PROBLEM TO WORK ON
In the records below, find the lines that include "current" and copy each.

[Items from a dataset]
•••••

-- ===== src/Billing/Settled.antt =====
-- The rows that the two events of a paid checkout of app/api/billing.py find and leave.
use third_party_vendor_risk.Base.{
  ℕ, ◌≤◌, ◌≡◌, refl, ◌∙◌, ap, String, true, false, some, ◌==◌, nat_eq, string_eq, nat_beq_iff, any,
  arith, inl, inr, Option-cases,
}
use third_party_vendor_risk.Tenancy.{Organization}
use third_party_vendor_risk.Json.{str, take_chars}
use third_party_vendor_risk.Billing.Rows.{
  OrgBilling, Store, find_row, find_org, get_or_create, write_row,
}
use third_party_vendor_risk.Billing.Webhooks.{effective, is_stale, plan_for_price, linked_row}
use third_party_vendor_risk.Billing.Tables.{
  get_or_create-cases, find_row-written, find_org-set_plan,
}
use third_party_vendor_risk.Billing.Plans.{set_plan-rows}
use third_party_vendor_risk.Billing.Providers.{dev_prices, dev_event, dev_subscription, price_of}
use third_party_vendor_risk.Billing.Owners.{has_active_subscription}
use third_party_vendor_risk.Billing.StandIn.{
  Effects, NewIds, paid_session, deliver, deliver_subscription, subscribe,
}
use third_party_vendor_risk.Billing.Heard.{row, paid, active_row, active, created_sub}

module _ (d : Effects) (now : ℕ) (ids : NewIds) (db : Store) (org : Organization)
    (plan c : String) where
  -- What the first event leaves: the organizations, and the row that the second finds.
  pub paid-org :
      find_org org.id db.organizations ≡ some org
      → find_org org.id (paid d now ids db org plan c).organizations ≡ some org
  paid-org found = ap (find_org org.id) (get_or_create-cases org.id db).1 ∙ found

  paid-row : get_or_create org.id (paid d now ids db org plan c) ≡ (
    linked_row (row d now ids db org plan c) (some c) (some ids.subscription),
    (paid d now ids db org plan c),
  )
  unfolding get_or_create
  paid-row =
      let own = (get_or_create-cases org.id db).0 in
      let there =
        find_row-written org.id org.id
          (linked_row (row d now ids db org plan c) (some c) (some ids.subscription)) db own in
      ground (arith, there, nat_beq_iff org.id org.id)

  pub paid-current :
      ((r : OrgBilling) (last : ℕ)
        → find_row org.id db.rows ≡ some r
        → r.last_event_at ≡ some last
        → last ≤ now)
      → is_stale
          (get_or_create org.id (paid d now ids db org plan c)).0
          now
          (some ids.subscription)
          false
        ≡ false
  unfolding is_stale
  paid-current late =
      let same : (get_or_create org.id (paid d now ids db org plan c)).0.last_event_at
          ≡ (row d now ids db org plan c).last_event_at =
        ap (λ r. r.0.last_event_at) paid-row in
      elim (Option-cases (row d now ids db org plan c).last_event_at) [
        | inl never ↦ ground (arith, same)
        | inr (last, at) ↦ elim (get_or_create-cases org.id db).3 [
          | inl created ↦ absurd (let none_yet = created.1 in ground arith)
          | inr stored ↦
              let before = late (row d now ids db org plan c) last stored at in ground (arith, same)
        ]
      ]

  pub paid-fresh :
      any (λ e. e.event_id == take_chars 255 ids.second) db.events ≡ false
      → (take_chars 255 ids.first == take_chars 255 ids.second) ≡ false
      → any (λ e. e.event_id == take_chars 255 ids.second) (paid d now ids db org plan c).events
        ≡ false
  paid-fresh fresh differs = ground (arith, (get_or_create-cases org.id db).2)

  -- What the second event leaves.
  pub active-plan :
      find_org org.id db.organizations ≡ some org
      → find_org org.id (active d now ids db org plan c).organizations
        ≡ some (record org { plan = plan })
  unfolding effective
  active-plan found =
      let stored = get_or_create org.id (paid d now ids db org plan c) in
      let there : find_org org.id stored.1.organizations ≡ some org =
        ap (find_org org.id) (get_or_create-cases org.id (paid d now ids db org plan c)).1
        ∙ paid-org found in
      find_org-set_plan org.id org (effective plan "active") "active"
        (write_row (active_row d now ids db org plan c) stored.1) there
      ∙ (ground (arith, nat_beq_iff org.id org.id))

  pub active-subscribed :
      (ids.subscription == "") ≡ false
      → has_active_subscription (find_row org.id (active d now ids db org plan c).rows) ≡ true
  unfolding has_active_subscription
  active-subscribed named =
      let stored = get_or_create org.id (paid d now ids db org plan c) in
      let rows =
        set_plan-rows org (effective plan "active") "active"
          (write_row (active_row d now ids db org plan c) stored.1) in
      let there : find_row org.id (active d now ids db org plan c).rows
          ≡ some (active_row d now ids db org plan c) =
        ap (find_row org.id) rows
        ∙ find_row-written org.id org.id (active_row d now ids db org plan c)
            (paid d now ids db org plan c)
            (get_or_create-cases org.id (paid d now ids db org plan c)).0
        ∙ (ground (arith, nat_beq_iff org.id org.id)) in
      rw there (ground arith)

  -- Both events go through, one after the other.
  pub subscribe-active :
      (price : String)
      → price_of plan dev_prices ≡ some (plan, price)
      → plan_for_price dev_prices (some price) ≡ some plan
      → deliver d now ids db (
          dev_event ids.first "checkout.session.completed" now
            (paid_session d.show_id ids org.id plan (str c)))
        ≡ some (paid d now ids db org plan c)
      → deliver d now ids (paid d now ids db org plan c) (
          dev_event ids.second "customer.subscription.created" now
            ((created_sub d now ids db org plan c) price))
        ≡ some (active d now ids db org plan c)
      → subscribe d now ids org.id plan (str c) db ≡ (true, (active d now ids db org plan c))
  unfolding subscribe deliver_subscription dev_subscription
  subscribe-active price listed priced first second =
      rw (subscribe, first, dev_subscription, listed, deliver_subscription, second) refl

•••••

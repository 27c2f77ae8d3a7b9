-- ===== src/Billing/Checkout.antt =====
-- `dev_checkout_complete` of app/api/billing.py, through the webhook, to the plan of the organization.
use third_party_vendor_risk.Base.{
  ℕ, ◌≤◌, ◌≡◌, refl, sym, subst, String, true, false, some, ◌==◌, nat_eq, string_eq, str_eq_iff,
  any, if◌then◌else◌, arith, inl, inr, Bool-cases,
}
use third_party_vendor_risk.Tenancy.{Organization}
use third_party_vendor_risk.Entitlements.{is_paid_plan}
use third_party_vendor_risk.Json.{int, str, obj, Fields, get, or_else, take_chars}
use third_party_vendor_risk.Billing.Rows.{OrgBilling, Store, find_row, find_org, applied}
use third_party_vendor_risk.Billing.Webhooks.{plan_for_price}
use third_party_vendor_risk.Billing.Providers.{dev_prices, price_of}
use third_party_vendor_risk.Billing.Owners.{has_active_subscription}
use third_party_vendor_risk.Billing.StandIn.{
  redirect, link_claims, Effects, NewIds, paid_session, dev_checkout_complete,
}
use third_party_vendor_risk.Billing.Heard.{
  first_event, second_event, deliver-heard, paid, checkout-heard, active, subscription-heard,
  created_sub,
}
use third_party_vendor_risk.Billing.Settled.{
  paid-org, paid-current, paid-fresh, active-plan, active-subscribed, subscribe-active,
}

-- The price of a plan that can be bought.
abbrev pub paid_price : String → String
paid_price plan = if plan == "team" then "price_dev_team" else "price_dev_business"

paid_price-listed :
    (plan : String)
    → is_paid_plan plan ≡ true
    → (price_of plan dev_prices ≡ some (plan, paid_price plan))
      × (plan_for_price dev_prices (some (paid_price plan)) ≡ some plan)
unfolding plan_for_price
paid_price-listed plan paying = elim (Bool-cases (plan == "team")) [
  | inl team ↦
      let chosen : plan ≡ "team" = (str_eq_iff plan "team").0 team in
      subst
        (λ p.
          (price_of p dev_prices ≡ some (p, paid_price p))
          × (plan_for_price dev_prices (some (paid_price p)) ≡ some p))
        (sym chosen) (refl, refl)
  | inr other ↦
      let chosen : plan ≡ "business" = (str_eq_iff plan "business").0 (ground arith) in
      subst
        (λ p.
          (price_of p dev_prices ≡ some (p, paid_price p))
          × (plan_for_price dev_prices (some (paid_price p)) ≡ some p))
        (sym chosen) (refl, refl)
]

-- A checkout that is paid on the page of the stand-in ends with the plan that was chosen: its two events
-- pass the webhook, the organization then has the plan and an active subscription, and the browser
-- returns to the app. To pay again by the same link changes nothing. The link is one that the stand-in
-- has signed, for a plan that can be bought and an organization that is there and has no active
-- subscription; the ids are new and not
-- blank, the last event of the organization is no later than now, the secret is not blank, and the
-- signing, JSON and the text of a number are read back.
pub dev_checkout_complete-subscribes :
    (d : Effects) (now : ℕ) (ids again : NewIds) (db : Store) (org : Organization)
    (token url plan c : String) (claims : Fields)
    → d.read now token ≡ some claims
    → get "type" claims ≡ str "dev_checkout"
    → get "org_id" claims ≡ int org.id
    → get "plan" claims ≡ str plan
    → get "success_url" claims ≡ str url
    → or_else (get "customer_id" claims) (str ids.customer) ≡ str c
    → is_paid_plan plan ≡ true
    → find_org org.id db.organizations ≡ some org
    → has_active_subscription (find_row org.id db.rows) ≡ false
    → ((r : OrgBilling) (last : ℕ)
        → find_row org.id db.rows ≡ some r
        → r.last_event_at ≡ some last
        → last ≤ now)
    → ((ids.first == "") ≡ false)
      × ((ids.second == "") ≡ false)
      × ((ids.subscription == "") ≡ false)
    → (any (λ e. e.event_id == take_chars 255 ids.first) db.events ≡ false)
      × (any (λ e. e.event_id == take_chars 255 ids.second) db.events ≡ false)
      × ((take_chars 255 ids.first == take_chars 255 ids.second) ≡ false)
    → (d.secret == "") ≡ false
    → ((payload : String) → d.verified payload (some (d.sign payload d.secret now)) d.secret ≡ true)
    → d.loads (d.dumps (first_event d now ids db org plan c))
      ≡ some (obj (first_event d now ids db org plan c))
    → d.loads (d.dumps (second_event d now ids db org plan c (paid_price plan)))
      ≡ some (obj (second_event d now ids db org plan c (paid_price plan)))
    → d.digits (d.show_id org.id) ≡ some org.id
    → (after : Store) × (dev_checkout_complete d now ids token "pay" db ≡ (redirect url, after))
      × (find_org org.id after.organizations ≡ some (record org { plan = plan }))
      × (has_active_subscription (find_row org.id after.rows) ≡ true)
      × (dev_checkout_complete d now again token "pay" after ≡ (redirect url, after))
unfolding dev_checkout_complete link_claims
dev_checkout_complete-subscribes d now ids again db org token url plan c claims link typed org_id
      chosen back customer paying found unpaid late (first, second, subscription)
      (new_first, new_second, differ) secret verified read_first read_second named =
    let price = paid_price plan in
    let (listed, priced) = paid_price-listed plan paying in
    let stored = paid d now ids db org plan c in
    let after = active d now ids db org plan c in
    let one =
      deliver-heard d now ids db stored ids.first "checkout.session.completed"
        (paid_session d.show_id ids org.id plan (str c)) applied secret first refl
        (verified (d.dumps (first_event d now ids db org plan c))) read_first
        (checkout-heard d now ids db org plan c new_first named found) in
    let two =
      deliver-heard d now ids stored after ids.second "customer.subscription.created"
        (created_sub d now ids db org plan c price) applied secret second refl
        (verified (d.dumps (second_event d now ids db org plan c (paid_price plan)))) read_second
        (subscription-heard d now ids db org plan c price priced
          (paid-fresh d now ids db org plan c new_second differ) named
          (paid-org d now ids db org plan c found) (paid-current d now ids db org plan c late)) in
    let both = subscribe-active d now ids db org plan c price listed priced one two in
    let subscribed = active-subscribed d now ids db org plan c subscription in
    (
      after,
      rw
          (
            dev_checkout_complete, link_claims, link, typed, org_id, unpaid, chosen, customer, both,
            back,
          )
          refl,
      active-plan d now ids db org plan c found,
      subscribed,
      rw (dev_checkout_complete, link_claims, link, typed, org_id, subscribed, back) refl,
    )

•••••

WRITTEN SOLUTION
  pub paid-current :
  paid-current late =
  paid-org, paid-current, paid-fresh, active-plan, active-subscribed, subscribe-active,
          (paid-org d now ids db org plan c found) (paid-current d now ids db org plan c late)) in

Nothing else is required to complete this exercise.